-- ===== src/Leveldb/Compaction/Merged.antt =====
-- A compaction that succeeds.
use mathlib.Core.List.{append-nil}
use wormholefilters.Base.{
  ℕ, ◌≤◌, ◌<◌, ◌≡◌, ◌⊎◌, Bool, true, false, Bool-cases, Option, none, inl, inr, List, [], ◌∷◌, ◌++◌,
  All, refl, sym, ap, ◌∙◌, subst,
}
use wormholefilters.Leveldb.Compaction.BaseLevel.{IsDisjoint, IsPassed}
use wormholefilters.Leveldb.Compaction.Kept.{find_kept-IsAnswer}
use wormholefilters.Leveldb.Compaction.Emitted.{
  entries_of, built, written, IsParsed, finish_written,
}
use wormholefilters.Leveldb.Compaction.Outputs.{
  kept_entries, kept_entries-IsParsed, Written, loop, loop-Written,
}
use wormholefilters.Leveldb.Compaction.Reads.{Item, find, kept, IsSortedInput, IsAnswer, IsReady}
use wormholefilters.Leveldb.Compaction.Work.{
  Entry, Output, Files, CompactionState, new_levels, new_compaction, finish_if_open, after_loop,
  do_compaction_work,
}
use wormholefilters.Leveldb.Compaction.{no_key}
use wormholefilters.Leveldb.Comparator.Order.{IsTotalOrder}
use wormholefilters.Leveldb.Comparator.{Comparator}
use wormholefilters.Leveldb.DbFormat.{max_sequence_number}
use wormholefilters.Leveldb.VersionEdit.{FileMetaData}

module _ (ucmp : Comparator) (io : Files) (max_file_size max_output_file_size smallest : ℕ) where
  after_loop_written :
      (input_ok : Bool) (es : List Entry) (items : List Item) (c : CompactionState)
      (r : Bool × (ℕ × CompactionState))
      → Written ucmp io max_file_size max_output_file_size smallest es items c r
      → (after_loop ucmp io max_file_size max_output_file_size smallest input_ok r).0 ≡ true
      → entries_of
          ((after_loop ucmp io max_file_size max_output_file_size smallest input_ok r).1.outputs)
        ≡ written c
          ++ kept_entries ucmp io max_file_size max_output_file_size smallest es items c.last_key
              c.levels
  unfolding after_loop built
  after_loop_written input_ok es items c (false, (left, c')) f h = absurd (cc)
  after_loop_written input_ok es items c (true, (left, c')) f h =
      elim (Bool-cases (io.shutting_down left)) [
        | inl q ↦ absurd (refused (rw q at h))
        | inr q ↦ rw q (
            closed (
              finish_written ucmp io max_file_size max_output_file_size smallest c'.builder c' refl)
            ∙ not_stopped q (f refl))
      ]
    where
      refused : false ≡ true → ⊥
      refused e = absurd (cc)

      not_stopped :
          {A : Type 0} → io.shutting_down left ≡ false → (io.shutting_down left ≡ true) ⊎ A → A
      not_stopped q (inl e) = absurd (refused (sym q ∙ e))
      not_stopped q (inr a) = a

      closed :
          let c'' =
            (finish_if_open ucmp io max_file_size max_output_file_size smallest c'.builder c').1 in
          (written c'' ≡ written c')
            × ((c''.builder ≡ none) × ((c''.last_key ≡ c'.last_key) × (c''.levels ≡ c'.levels)))
          → entries_of c''.outputs ≡ written c'
      closed (w, (b, same)) =
          let outputs =
            (finish_if_open ucmp io max_file_size max_output_file_size smallest c'.builder
              c').1.outputs in
          sym (append-nil (entries_of outputs))
          ∙ (ap (λ (b : Option Output). entries_of outputs ++ built b) (sym b) ∙ w)

  IsPassed-new :
      (key : List ℕ) (levels : List (List FileMetaData))
      → All (IsDisjoint ucmp) levels
      → All (IsPassed ucmp key) (new_levels levels)
  IsPassed-new key [] d = tt
  IsPassed-new key (files ∷ levels) (d, ds) =
      (record { disjoint = d; passed = tt }, IsPassed-new key levels ds)

  module _ (order : IsTotalOrder ucmp.compare) where
    IsReady-new :
        (items : List Item) (levels : List (List FileMetaData))
        → All (IsDisjoint ucmp) levels
        → IsReady ucmp order smallest items (new_levels levels)
    IsReady-new [] levels d = tt
    IsReady-new (x ∷ items) levels d =
        (IsPassed-new x.ikey.user_key levels d, IsReady-new items levels d)

    -- For a user comparator that orders totally, entries with well-formed keys in the order of internal keys,
    -- and deeper levels of disjoint files in order: if `DoCompactionWork` on a new compaction succeeds, then
    -- a read of any user key at any snapshot from the smallest on finds in the entries of its outputs what it
    -- finds in the entries of its inputs, or it found there that the key is deleted, finds nothing now, and
    -- no file of the levels below the output has the key in its range. The smallest snapshot is below the
    -- greatest sequence number.
    pub do_compaction_work-IsAnswer :
        (input_ok : Bool) (es : List Entry) (items : List Item) (levels : List (List FileMetaData))
        (grandparents : List FileMetaData)
        → smallest < max_sequence_number
        → IsParsed es items
        → IsSortedInput ucmp items
        → All (IsDisjoint ucmp) levels
        → (do_compaction_work ucmp io max_file_size max_output_file_size smallest input_ok es
            (new_compaction levels grandparents)).0
          ≡ true
        → (kept_items : List Item) × IsParsed
            (entries_of (
              (do_compaction_work ucmp io max_file_size max_output_file_size smallest input_ok es
                (new_compaction levels grandparents)).1.outputs))
            kept_items
          × ((k : List ℕ) (snapshot : ℕ)
              → smallest ≤ snapshot
              → IsAnswer ucmp k
                  (new_levels levels)
                  (find ucmp k snapshot items)
                  (find ucmp k snapshot kept_items))
    unfolding do_compaction_work entries_of built
    do_compaction_work-IsAnswer input_ok es items levels grandparents m p o d h =
        let c = new_compaction levels grandparents in
        let w =
          after_loop_written input_ok es items c
            (loop ucmp io max_file_size max_output_file_size smallest es c)
            (loop-Written ucmp io max_file_size max_output_file_size smallest es items c p) h in
        (
          kept ucmp smallest items no_key (new_levels levels),
          subst
              (λ (l : List Entry). IsParsed l (kept ucmp smallest items no_key (new_levels levels)))
              (sym w)
              (kept_entries-IsParsed ucmp io max_file_size max_output_file_size smallest es items
                no_key (new_levels levels) p),
          λ k snapshot s.
              find_kept-IsAnswer ucmp order smallest k snapshot items no_key (new_levels levels) s m
                o (IsReady-new items levels d) (λ e. absurd (cc)),
        )
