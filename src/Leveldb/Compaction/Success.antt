-- ===== src/Leveldb/Compaction/Success.antt =====
-- A compaction without errors of the files and without a shutdown succeeds, and keeps what is read.
use wormholefilters.Base.{
  ap, ℕ, suc, ◌≡◌, ◌≤◌, ◌<◌, All, Bool, true, false, Option, none, some, List, [], ◌∷◌, refl, leb,
  if◌then◌else◌, length,
}
use wormholefilters.Leveldb.Compaction.BaseLevel.{IsDisjoint}
use wormholefilters.Leveldb.Compaction.Emitted.{entries_of, IsParsed}
use wormholefilters.Leveldb.Compaction.Merged.{do_compaction_work-IsAnswer}
use wormholefilters.Leveldb.Compaction.Reads.{Item, find, IsSortedInput, IsAnswer}
use wormholefilters.Leveldb.Comparator.Order.{IsTotalOrder}
use wormholefilters.Leveldb.DbFormat.{max_sequence_number}
use wormholefilters.Leveldb.VersionEdit.{FileMetaData}
use wormholefilters.Leveldb.Compaction.Work.{
  new_levels, new_compaction, Entry, Output, Files, CompactionState, finish_compaction_output_file,
  finish_if_open, open_if_none, add_entry, emit, handle_key, emit_unless, stop_before,
  compaction_round, compaction_loop, after_loop, do_compaction_work,
}
use wormholefilters.Leveldb.Compaction.{should_stop_before}
use wormholefilters.Leveldb.Comparator.{Comparator}

module _ (ucmp : Comparator) (io : Files) (max_file_size max_output_file_size smallest : ℕ)
    (opens : (n : ℕ) → io.opens n ≡ true) (finishes : (n : ℕ) → io.finishes n ≡ true)
    (up : (n : ℕ) → io.shutting_down n ≡ false) where
  finish_ok :
      (b : Option Output) (c : CompactionState)
      → (finish_if_open ucmp io max_file_size max_output_file_size smallest b c).0 ≡ true
  unfolding finish_compaction_output_file
  finish_ok none c = refl
  finish_ok (some out) c = finishes (length c.outputs)

  open_ok :
      (b : Option Output) (c : CompactionState)
      → (open_if_none ucmp io max_file_size max_output_file_size smallest b c).0 ≡ true
  open_ok none c = opens (length c.outputs)
  open_ok (some out) c = refl

  if_ok :
      (b : Bool) (x y : Bool × CompactionState)
      → (x).0 ≡ true
      → (y).0 ≡ true
      → (if b then x else y).0 ≡ true
  if_ok true x y p q = p
  if_ok false x y p q = q

  stop_before_ok :
      (e : Entry) (c : CompactionState)
      → (stop_before ucmp io max_file_size max_output_file_size smallest e c).0 ≡ true
  unfolding stop_before
  stop_before_ok e c =
      if_ok ((should_stop_before ucmp max_file_size e.key c.grandparents).0) _ _
        (finish_ok c.builder (record c {
          grandparents = (should_stop_before ucmp max_file_size e.key c.grandparents).1;
        }))
        refl

  emit_unless_ok :
      (drop : Bool) (e : Entry) (c : CompactionState)
      → (emit_unless ucmp io max_file_size max_output_file_size smallest drop e c).0 ≡ true
  unfolding emit_unless emit
  emit_unless_ok true e c = refl
  emit_unless_ok false e c =
      let out' =
        add_entry ucmp io max_file_size max_output_file_size smallest e
          ((open_if_none ucmp io max_file_size max_output_file_size smallest c.builder c).1) in
      rw (open_ok c.builder c) (
        if_ok (leb max_output_file_size (io.size_of out'.entries)) _ _
          (finish_ok (some out') (record c { builder = some out' })) refl)

  round_ok :
      (e : Entry) (c : CompactionState)
      → (compaction_round ucmp io max_file_size max_output_file_size smallest e c).0 ≡ true
  unfolding compaction_round
  round_ok e c =
      let c₁ = (stop_before ucmp io max_file_size max_output_file_size smallest e c).1 in
      let (drop, c₂) = handle_key ucmp io max_file_size max_output_file_size smallest e c₁ in
      rw (stop_before_ok e c) (emit_unless_ok drop e c₂)

  loop_ok :
      (es : List Entry) (c : CompactionState)
      → (compaction_loop ucmp io max_file_size max_output_file_size smallest es c).0 ≡ true
  unfolding compaction_loop
  loop_ok [] c = refl
  loop_ok (e ∷ es) c =
      rw (up (suc (length es)), round_ok e c)
        (loop_ok es ((compaction_round ucmp io max_file_size max_output_file_size smallest e c).1))

  after_loop_ok :
      (r : Bool × (ℕ × CompactionState))
      → (r).0 ≡ true
      → (after_loop ucmp io max_file_size max_output_file_size smallest true r).0 ≡ true
  unfolding after_loop
  after_loop_ok (ok, (left, c)) h = rw (h, up left, finish_ok c.builder c)

  -- The status is OK on all entries and from every state.
  pub do_compaction_work_ok :
      (es : List Entry) (c : CompactionState)
      → (do_compaction_work ucmp io max_file_size max_output_file_size smallest true es c).0 ≡ true
  unfolding do_compaction_work
  do_compaction_work_ok es c =
      after_loop_ok (compaction_loop ucmp io max_file_size max_output_file_size smallest es c)
        (loop_ok es c)

  -- For a user comparator that orders totally, entries with well-formed keys in the order of internal keys,
  -- and deeper levels of disjoint files in order: if every output is opened and finished, the database does
  -- not shut down and the inputs have no error, then `DoCompactionWork` on a new compaction succeeds, and
  -- its outputs have entries in which a read of any user key at any snapshot from the smallest on finds what
  -- it finds in the inputs, or it found there that the key is deleted, finds nothing now, and no file of the
  -- levels below the output has the key in its range. The smallest snapshot is below the greatest sequence
  -- number.
  pub do_compaction_work_succeeds :
      (order : IsTotalOrder ucmp.compare) (es : List Entry) (items : List Item)
      (levels : List (List FileMetaData)) (grandparents : List FileMetaData)
      → smallest < max_sequence_number
      → IsParsed es items
      → IsSortedInput ucmp items
      → All (IsDisjoint ucmp) levels
      → (state : CompactionState) × (do_compaction_work ucmp io max_file_size max_output_file_size
            smallest true es
            (new_compaction levels grandparents)
          ≡ (true, state))
        × ((kept_items : List Item) × IsParsed (entries_of (state.outputs)) kept_items
            × ((k : List ℕ) (snapshot : ℕ)
                → smallest ≤ snapshot
                → IsAnswer ucmp k
                    (new_levels levels)
                    (find ucmp k snapshot items)
                    (find ucmp k snapshot kept_items)))
  do_compaction_work_succeeds order es items levels grandparents m p o d =
      let c = new_compaction levels grandparents in
      let r = do_compaction_work ucmp io max_file_size max_output_file_size smallest true es c in
      let ok = do_compaction_work_ok es c in
      (
        (r).1,
        ap (λ (b : Bool). (b, (r).1)) ok,
        do_compaction_work-IsAnswer ucmp io max_file_size max_output_file_size smallest order true
            es items levels grandparents m p o d ok,
      )
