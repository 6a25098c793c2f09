-- ===== src/Leveldb/Comparator/Separator.antt =====
-- `FindShortestSeparator` and `FindShortSuccessor` against the order.
use Prim.Native.Nat.{compare, Ordering, min}
use native.Mathlib.Decide.{dec_lt, ℕ_discrete}
use wormholefilters.Base.{
  ℕ, suc, ◌+◌, ◌^◌, ◌≤◌, ◌<◌, ◌≡◌, ◌≢◌, ◌⊎◌, inl, inr, Bool, true, false, ◌&&◌, List, [], ◌∷◌, refl,
  sym, ap, subst, ◌∙◌, arith, ltb, leb, ◌==◌, if◌then◌else◌, Bool-cases, u8, length, take, set,
  byte_at, IsBytes, le→leb, lt→leb, ==→ne,
}
use wormholefilters.Leveldb.Comparator.Order.{
  lex, lex_refl, compare_slice-lex, IsTotalOrder, compare_slice-IsTotalOrder,
}
use wormholefilters.Leveldb.Comparator.{
  compare_slice, separator_at, diff_index, find_shortest_separator, find_short_successor,
  Comparator, bytewise_comparator,
}

leb-min-suc : (m n i : ℕ) → leb (min (suc m) (suc n)) (suc i) ≡ leb (min m n) i
leb-min-suc m n i = let e : min (suc m) (suc n) ≡ suc (min m n) = omega arith in rw e (ground arith)

if_cons :
    (b : Bool) (x : ℕ) (xs ys : List ℕ)
    → (if b then x ∷ xs else x ∷ ys) ≡ x ∷ (if b then xs else ys)
if_cons true x xs ys = refl
if_cons false x xs ys = refl

separator_at-suc :
    (x : ℕ) (start limit : List ℕ) (i : ℕ)
    → separator_at (x ∷ start) (x ∷ limit) (suc i) ≡ x ∷ separator_at start limit i
unfolding separator_at
separator_at-suc x start limit i =
    let b = byte_at start i in
    let e : suc i + 1 ≡ suc (i + 1) = omega arith in
    let cut = take (i + 1) (set start i (u8 (b + 1))) in
    let shorten = ltb b 255 && ltb (b + 1) (byte_at limit i) in
    rw (leb-min-suc (length start) (length limit) i, e, if_cons shorten x cut start)
      (if_cons (leb (min (length start) (length limit)) i) x start (if shorten then cut else start))

diff_index-cons :
    (x : ℕ) (start limit : List ℕ)
    → diff_index (x ∷ start) (x ∷ limit) ≡ suc (diff_index start limit)
unfolding diff_index
diff_index-cons x start limit = ground arith

-- The byte of a common prefix stays.
separator-cons :
    (x : ℕ) (start limit : List ℕ)
    → find_shortest_separator (x ∷ start) (x ∷ limit) ≡ x ∷ find_shortest_separator start limit
unfolding find_shortest_separator
separator-cons x start limit =
    rw (diff_index-cons x start limit) (separator_at-suc x start limit (diff_index start limit))

-- The first byte that differs is raised, or the start stays.
separator-ne :
    (x y : ℕ) (start limit : List ℕ)
    → x < y
    → (find_shortest_separator (x ∷ start) (y ∷ limit) ≡ x ∷ start)
      ⊎ ((find_shortest_separator (x ∷ start) (y ∷ limit) ≡ (x + 1) ∷ []) × (x + 1 < y))
unfolding find_shortest_separator diff_index separator_at
separator-ne x y start limit h =
    let ne : (x == y) ≡ false = ground arith in
    let some_bytes : leb (min (suc (length start)) (suc (length limit))) 0 ≡ false =
      lt→leb 0 (min (suc (length start)) (suc (length limit))) (omega arith) in
    elim (Bool-cases (ltb x 255 && ltb (x + 1) y)) [
      | inr keep ↦ inl (rw (ne, some_bytes, keep))
      | inl cut ↦
          let small : x < 255 = ground arith in
          let below : x + 1 < y = ground arith in
          let byte : u8 (x + 1) ≡ x + 1 = omega arith in inr (rw (ne, some_bytes, cut, byte), below)
    ]

-- A key from `start` on and before `limit`, and no longer than `start`.
record Separates (start limit sep : List ℕ) : Type 0 where
  from : lex start sep ≢ Ordering.gt
  before : lex sep limit ≡ Ordering.lt
  short : length sep ≤ length start

lex-cons : (x : ℕ) (a b : List ℕ) → lex (x ∷ a) (x ∷ b) ≡ lex a b
unfolding lex
lex-cons x a b = let e : compare x x ≡ Ordering.eq = ground arith in rw e

lex_of_lt : (x y : ℕ) (a b : List ℕ) → x < y → lex (x ∷ a) (y ∷ b) ≡ Ordering.lt
unfolding lex
lex_of_lt x y a b h = let e : compare x y ≡ Ordering.lt = ground arith in rw e

-- The first bytes of two strings in order.
lex_heads :
    (x y : ℕ) (a b : List ℕ)
    → lex (x ∷ a) (y ∷ b) ≡ Ordering.lt
    → (x < y) ⊎ ((x ≡ y) × (lex a b ≡ Ordering.lt))
unfolding lex
lex_heads x y a b h = elim (dec_lt x y) [
  | yes lt ↦ inl lt
  | no ge ↦ elim (ℕ_discrete x y) [ yes e ↦ inr (e, ground arith) | no ne ↦ absurd (ground arith) ]
]

start-Separates :
    (start limit : List ℕ) → lex start limit ≡ Ordering.lt → Separates start limit start
start-Separates start limit h = record {
  from = λ e. cc (sym e ∙ lex_refl start);
  before = h;
  short = omega arith;
}

raised-Separates :
    (x y : ℕ) (start limit : List ℕ) → x + 1 < y → Separates (x ∷ start) (y ∷ limit) ((x + 1) ∷ [])
raised-Separates x y start limit h = record {
  from = λ e. cc (lex_of_lt x (x + 1) start [] (omega arith));
  before = lex_of_lt (x + 1) y [] limit h;
  short = omega arith;
}

Separates-cons :
    (x : ℕ) (start limit : List ℕ)
    → Separates start limit (find_shortest_separator start limit)
    → Separates (x ∷ start) (x ∷ limit) (find_shortest_separator (x ∷ start) (x ∷ limit))
Separates-cons x start limit s =
    let sep = find_shortest_separator start limit in
    rw (separator-cons x start limit) (record {
      from = λ e. s.from (sym (lex-cons x start sep) ∙ e);
      before = lex-cons x sep limit ∙ s.before;
      short = omega (arith, s.short);
    })

separator-nil : (limit : List ℕ) → find_shortest_separator [] limit ≡ []
unfolding find_shortest_separator diff_index separator_at
separator-nil limit = rw (le→leb (min 0 (length limit)) 0 (omega arith))

separator-Separates :
    (start limit : List ℕ)
    → lex start limit ≡ Ordering.lt
    → Separates start limit (find_shortest_separator start limit)
separator-Separates [] limit h = rw (separator-nil limit) (start-Separates [] limit h)
separator-Separates (x ∷ start) [] h = absurd (unfold lex in cc h)
separator-Separates (x ∷ start) (y ∷ limit) h = elim (lex_heads x y start limit h) [
  | inl lt ↦ elim (separator-ne x y start limit lt) [
    | inl e ↦ rw e (start-Separates (x ∷ start) (y ∷ limit) h)
    | inr (e, below) ↦ rw e (raised-Separates x y start limit below)
  ]
  | inr (e, rest) ↦
      subst
        (λ z. Separates (x ∷ start) (z ∷ limit) (find_shortest_separator (x ∷ start) (z ∷ limit))) e
        (Separates-cons x start limit (separator-Separates start limit rest))
]

successor_from : (key : List ℕ) → IsBytes key → lex key (find_short_successor key) ≢ Ordering.gt
unfolding find_short_successor
successor_from [] b = λ e. cc (lex_refl [])
successor_from (x ∷ key) b = elim (Bool-cases (x == 255)) [
  | inl top ↦ rw top (λ e.
      successor_from key (λ i. b (suc i)) (sym (lex-cons x key (find_short_successor key)) ∙ e))
  | inr low ↦
      let x-lt : x < 2 ^ 8 = b 0 in
      let byte : u8 (x + 1) ≡ x + 1 = omega (arith, ==→ne x 255 low) in
      rw (low, byte) (λ e. cc (lex_of_lt x (x + 1) key [] (omega arith)))
]

successor_short : (key : List ℕ) → length (find_short_successor key) ≤ length key
unfolding find_short_successor
successor_short [] = omega arith
successor_short (x ∷ key) = elim (Bool-cases (x == 255)) [
  | inl top ↦ rw top (omega (arith, successor_short key))
  | inr low ↦ rw low (omega arith)
]

separator_equal : (key : List ℕ) → find_shortest_separator key key ≡ key
separator_equal [] = separator-nil []
separator_equal (x ∷ key) = separator-cons x key key ∙ ap (◌∷◌ x) (separator_equal key)

-- What leveldb/include/leveldb/comparator.h asks of a comparator.
pub record IsLawful (c : Comparator) : Type 0 where
  pub order : IsTotalOrder c.compare
  pub separator_from :
      (start limit : List ℕ)
      → c.compare start limit ≡ Ordering.lt
      → c.compare start (c.find_shortest_separator start limit) ≢ Ordering.gt
  pub separator_before :
      (start limit : List ℕ)
      → c.compare start limit ≡ Ordering.lt
      → c.compare (c.find_shortest_separator start limit) limit ≡ Ordering.lt
  pub separator_equal : (key : List ℕ) → c.find_shortest_separator key key ≡ key
  pub successor_from :
      (key : List ℕ) → IsBytes key → c.compare key (c.find_short_successor key) ≢ Ordering.gt

-- The bytewise comparator orders the keys totally, its separator stands from `start` on and
-- before `limit` and keeps a key that is both, and its successor does not stand before the key.
pub bytewise_comparator-IsLawful : IsLawful bytewise_comparator
bytewise_comparator-IsLawful = record {
  order = compare_slice-IsTotalOrder;
  separator_from = λ start limit h e.
      (separator-Separates start limit (sym (compare_slice-lex start limit) ∙ h)).from
        (sym (compare_slice-lex start (find_shortest_separator start limit)) ∙ e);
  separator_before = λ start limit h.
      compare_slice-lex (find_shortest_separator start limit) limit
      ∙ (separator-Separates start limit (sym (compare_slice-lex start limit) ∙ h)).before;
  separator_equal = separator_equal;
  successor_from =
      λ key b e. successor_from key b (sym (compare_slice-lex key (find_short_successor key)) ∙ e);
}

-- Neither lengthens the key.
pub short_keys :
    (start limit : List ℕ)
    → compare_slice start limit ≡ Ordering.lt
    → (length (find_shortest_separator start limit) ≤ length start)
      × (length (find_short_successor start) ≤ length start)
short_keys start limit h = (
  (separator-Separates start limit (sym (compare_slice-lex start limit) ∙ h)).short,
  successor_short start,
)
# # # # # # #
All that is needed is the exact run of lines above from the line containing "(arith, successor_short key))" through the line containing "limit) ∙ h)).before;", both of them included.

» Answer space
  | inl top ↦ rw top (omega (arith, successor_short key))
  | inr low ↦ rw low (omega arith)
]

separator_equal : (key : List ℕ) → find_shortest_separator key key ≡ key
separator_equal [] = separator-nil []
separator_equal (x ∷ key) = separator-cons x key key ∙ ap (◌∷◌ x) (separator_equal key)

-- What leveldb/include/leveldb/comparator.h asks of a comparator.
pub record IsLawful (c : Comparator) : Type 0 where
  pub order : IsTotalOrder c.compare
  pub separator_from :
      (start limit : List ℕ)
      → c.compare start limit ≡ Ordering.lt
      → c.compare start (c.find_shortest_separator start limit) ≢ Ordering.gt
  pub separator_before :
      (start limit : List ℕ)
      → c.compare start limit ≡ Ordering.lt
      → c.compare (c.find_shortest_separator start limit) limit ≡ Ordering.lt
  pub separator_equal : (key : List ℕ) → c.find_shortest_separator key key ≡ key
  pub successor_from :
      (key : List ℕ) → IsBytes key → c.compare key (c.find_short_successor key) ≢ Ordering.gt

-- The bytewise comparator orders the keys totally, its separator stands from `start` on and
-- before `limit` and keeps a key that is both, and its successor does not stand before the key.
pub bytewise_comparator-IsLawful : IsLawful bytewise_comparator
bytewise_comparator-IsLawful = record {
  order = compare_slice-IsTotalOrder;
  separator_from = λ start limit h e.
      (separator-Separates start limit (sym (compare_slice-lex start limit) ∙ h)).from
        (sym (compare_slice-lex start (find_shortest_separator start limit)) ∙ e);
  separator_before = λ start limit h.
      compare_slice-lex (find_shortest_separator start limit) limit
      ∙ (separator-Separates start limit (sym (compare_slice-lex start limit) ∙ h)).before;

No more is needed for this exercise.